- **Prompt**: The answer must consist of each line below that contains the string "Daemon".

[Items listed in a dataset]
>>>
-- ===== src/Daemon/Environment/Written.antt =====
-- Numbers and addresses that are written into the environment, and what base-rockpie/src/main.cpp reads.
use gridex_edge_gateway.Prelude.{
  ℕ, List, [], ◌∷◌, if◌then◌else◌, ◌==◌, ◌++◌, ◌≡◌, some, false, refl, true, none, ◌≤◌, arith,
  length, ltb, take, ◌||◌, drop, ◌+◌, ap, sym, append-nil, ◌∙◌, Bool, suc, not,
}
use mathlib.Core.Bool.{true≢false}
use gridex_edge_gateway.Daemon.Environment.{stoi, env_string, Environment, signed_number, env_int}
use gridex_edge_gateway.Mqtt.Publish.{last_colon, is_empty, is_decimal, leading_number}
use gridex_edge_gateway.Mqtt.Number.{
  AreDigits, StartsDecimal, decimal-StartsDecimal, leading_number-decimal,
  after_spaces-StartsDecimal, decimal-AreDigits,
}
use gridex_edge_gateway.Prelude.Int.{pos}
use gridex_edge_gateway.Prelude.Text.{decimal}
use gridex_edge_gateway.Daemon.Environment.Endpoints.{
  NodeTcpEndpoint, items, endpoint_at, split_item, endpoints_of, env_node_endpoints, with_endpoint,
}

-- How a list of nodes is written.
abbrev pub written : List (List ℕ × ℕ) → List ℕ
written [] = []
written ((host, port) ∷ []) = host ++ (58 ∷ decimal port)
written ((host, port) ∷ nodes) = host ++ (58 ∷ (decimal port ++ (44 ∷ written nodes)))

-- No b',' in the text.
abbrev pub HasNoComma : List ℕ → Type 0
HasNoComma [] = Unit
HasNoComma (c ∷ text) = ((c == 44) ≡ false) × HasNoComma text

abbrev pub AreWritten : List (List ℕ × ℕ) → Type 0
AreWritten [] = Unit
AreWritten ((host, port) ∷ nodes) =
    (is_empty host ≡ false) × HasNoComma host × (1 ≤ port) × (port ≤ 65535) × AreWritten nodes

append-HasNoComma : (a b : List ℕ) → HasNoComma a → HasNoComma b → HasNoComma (a ++ b)
append-HasNoComma [] b ha hb = hb
append-HasNoComma (c ∷ a) b (h, ha) hb = (h, append-HasNoComma a b ha hb)

-- An item in front of a b',', and the last one.
items-next :
    (item rest : List ℕ) → HasNoComma item → items (item ++ (44 ∷ rest)) ≡ item ∷ items rest
unfolding items
items-next [] rest h = refl
items-next (c ∷ item) rest (h, hs) = rw (items-next item rest hs, h) refl

items-last : (c : ℕ) (item : List ℕ) → HasNoComma (c ∷ item) → items (c ∷ item) ≡ (c ∷ item) ∷ []
unfolding items
items-last c [] (h, hs) = rw h refl
items-last c (d ∷ item) (h, hs) = rw (items-last d item hs, h) refl

not_colon : (c : ℕ) → is_decimal c ≡ true → (c == 58) ≡ false
not_colon c h = ground (arith, h)

not_comma : (c : ℕ) → is_decimal c ≡ true → (c == 44) ≡ false
not_comma c h = ground (arith, h)

last_colon-AreDigits : (digits : List ℕ) → AreDigits digits → last_colon digits ≡ none
unfolding last_colon
last_colon-AreDigits [] h = refl
last_colon-AreDigits (c ∷ digits) (h, hs) = rw (last_colon-AreDigits digits hs, not_colon c h) refl

AreDigits-HasNoComma : (digits : List ℕ) → AreDigits digits → HasNoComma digits
AreDigits-HasNoComma [] h = tt
AreDigits-HasNoComma (c ∷ digits) (h, hs) = (not_comma c h, AreDigits-HasNoComma digits hs)

last_colon-host :
    (host digits : List ℕ)
    → last_colon digits ≡ none
    → last_colon (host ++ (58 ∷ digits)) ≡ some (length host)
unfolding last_colon
last_colon-host [] digits h = rw h refl
last_colon-host (c ∷ host) digits h = rw (last_colon-host host digits h) refl

append_assoc : (a b c : List ℕ) → (a ++ b) ++ c ≡ a ++ (b ++ c)
append_assoc [] b c = refl
append_assoc (x ∷ a) b c = ap (λ t. x ∷ t) (append_assoc a b c)

no_sign : (c : ℕ) → is_decimal c ≡ true → ((c == 43) ≡ false) × ((c == 45) ≡ false)
no_sign c h = (ground (arith, h), ground (arith, h))

chosen :
    (d : Bool) (n : ℕ)
    → d ≡ true
    → n ≤ 2147483647
    → (if not d || ltb 2147483647 n then none else some (pos n)) ≡ some (pos n)
chosen d n h small =
    let fits : (not d || ltb 2147483647 n) ≡ false = ground (arith, h, small) in rw fits refl

signed_number-digits :
    (c n : ℕ) (text : List ℕ)
    → is_decimal c ≡ true
    → leading_number 0 (c ∷ text) ≡ n
    → n ≤ 2147483647
    → signed_number false (c ∷ text) ≡ some (pos n)
unfolding signed_number
signed_number-digits c n text h e small =
    chosen (is_decimal c) (leading_number 0 (c ∷ text)) h (omega (arith, e, small))
    ∙ ap (λ m. some (pos m)) e

stoi-StartsDecimal :
    (text : List ℕ) (n : ℕ)
    → StartsDecimal text
    → leading_number 0 text ≡ n
    → n ≤ 2147483647
    → stoi text ≡ some (pos n)
unfolding stoi
stoi-StartsDecimal [] n h e small = elim h [ ]
stoi-StartsDecimal (c ∷ text) n h e small =
    let (plus, minus) = no_sign c h in
    rw (after_spaces-StartsDecimal (c ∷ text) h, plus, minus)
      (signed_number-digits c n text h e small)

no_more : (n : ℕ) → leading_number n [] ≡ n
unfolding leading_number
no_more n = refl

nothing_written : items [] ≡ []
unfolding items
nothing_written = refl

pub stoi-decimal : (n : ℕ) → n ≤ 2147483647 → stoi (decimal n) ≡ some (pos n)
stoi-decimal n small =
    ap stoi (sym (append-nil (decimal n)))
    ∙ stoi-StartsDecimal (decimal n ++ []) n (decimal-StartsDecimal n [])
        (leading_number-decimal n [] ∙ no_more n) small

-- The endpoints as they were meant.
abbrev pub meant : List (List ℕ × ℕ) → List NodeTcpEndpoint
meant [] = []
meant ((host, port) ∷ nodes) = record { host = host; port = port; unit_id = 1 } ∷ meant nodes

take_host : (host rest : List ℕ) → take (length host) (host ++ rest) ≡ host
take_host [] rest = refl
take_host (c ∷ host) rest = ap (λ t. c ∷ t) (take_host host rest)

drop_host :
    (host : List ℕ) (c : ℕ) (rest : List ℕ) → drop (length host + 1) (host ++ (c ∷ rest)) ≡ rest
drop_host [] c rest = refl
drop_host (d ∷ host) c rest =
    let more : length (d ∷ host) + 1 ≡ suc (length host + 1) = omega arith in
    rw more (drop_host host c rest)

split_item-written :
    (host : List ℕ) (port : ℕ)
    → is_empty host ≡ false
    → 1 ≤ port
    → port ≤ 65535
    → let item = host ++ (58 ∷ decimal port) in
      split_item item (last_colon item) ≡ some (record { host = host; port = port; unit_id = 1 })
unfolding split_item endpoint_at
split_item-written host port named low high =
    let in_range : (ltb port 1 || ltb 65535 port) ≡ false = ground arith in
    rw
      (
        last_colon-host host (decimal port)
            (last_colon-AreDigits (decimal port) (decimal-AreDigits port)),
        take_host host (58 ∷ decimal port),
        named,
        drop_host host 58 (decimal port),
        stoi-decimal port (omega arith),
        in_range,
      )
      refl

one_item : (host : List ℕ) (port : ℕ) → HasNoComma host → HasNoComma (host ++ (58 ∷ decimal port))
one_item host port h =
    append-HasNoComma host (58 ∷ decimal port) h
      (refl, AreDigits-HasNoComma (decimal port) (decimal-AreDigits port))

items-written :
    (host : List ℕ) (port : ℕ)
    → is_empty host ≡ false
    → HasNoComma host
    → items (host ++ (58 ∷ decimal port)) ≡ (host ++ (58 ∷ decimal port)) ∷ []
items-written [] port named h = absurd (true≢false named)
items-written (c ∷ host) port named h =
    items-last c (host ++ (58 ∷ decimal port)) (one_item (c ∷ host) port h)

endpoints_of-next :
    (item : List ℕ) (rest : List (List ℕ)) (e : NodeTcpEndpoint)
    → split_item item (last_colon item) ≡ some e
    → endpoints_of (item ∷ rest) ≡ e ∷ endpoints_of rest
unfolding endpoints_of with_endpoint
endpoints_of-next item rest e h = ap (λ o. with_endpoint o (endpoints_of rest)) h

endpoints_of-written :
    (nodes : List (List ℕ × ℕ))
    → AreWritten nodes
    → endpoints_of (items (written nodes)) ≡ meant nodes
unfolding endpoints_of
endpoints_of-written [] h = ap endpoints_of nothing_written
endpoints_of-written ((host, port) ∷ []) (named, plain, low, high, rest) =
    ap endpoints_of (items-written host port named plain)
    ∙ endpoints_of-next (host ++ (58 ∷ decimal port)) [] _
        (split_item-written host port named low high)
endpoints_of-written ((host, port) ∷ node ∷ nodes) (named, plain, low, high, rest) =
    let item = host ++ (58 ∷ decimal port) in
    let next = written (node ∷ nodes) in
    let e : NodeTcpEndpoint = record { host = host; port = port; unit_id = 1 } in
    ap (λ t. endpoints_of (items t)) (sym (append_assoc host (58 ∷ decimal port) (44 ∷ next)))
    ∙ ap endpoints_of (items-next item next (one_item host port plain))
    ∙ endpoints_of-next item (items next) e (split_item-written host port named low high)
    ∙ ap (λ t. e ∷ t) (endpoints_of-written (node ∷ nodes) rest)

-- A list of nodes with names and ports from 1 to 65535, written with a b':' before each port and a b','
-- between two nodes, is read back as these endpoints in their order, with unit 1. A name may
-- hold b':' but no b','. Without the variable, a number is its fallback.
pub env_node_endpoints-written :
    (env : Environment) (name other : List ℕ) (nodes : List (List ℕ × ℕ)) (fallback : ℕ)
    → env_string env name [] ≡ written nodes
    → AreWritten nodes
    → env other ≡ none
    → fallback ≤ 2147483647
    → (env_node_endpoints env name ≡ meant nodes) × (env_int env other fallback ≡ pos fallback)
unfolding env_node_endpoints env_int env_string
env_node_endpoints-written env name other nodes fallback given h unset small = (
  ap (λ t. endpoints_of (items t)) given ∙ endpoints_of-written nodes h,
  rw (unset, stoi-decimal fallback small) refl,
)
<<<
- **Result**:
-- ===== src/Daemon/Environment/Written.antt =====
use gridex_edge_gateway.Daemon.Environment.{stoi, env_string, Environment, signed_number, env_int}
use gridex_edge_gateway.Daemon.Environment.Endpoints.{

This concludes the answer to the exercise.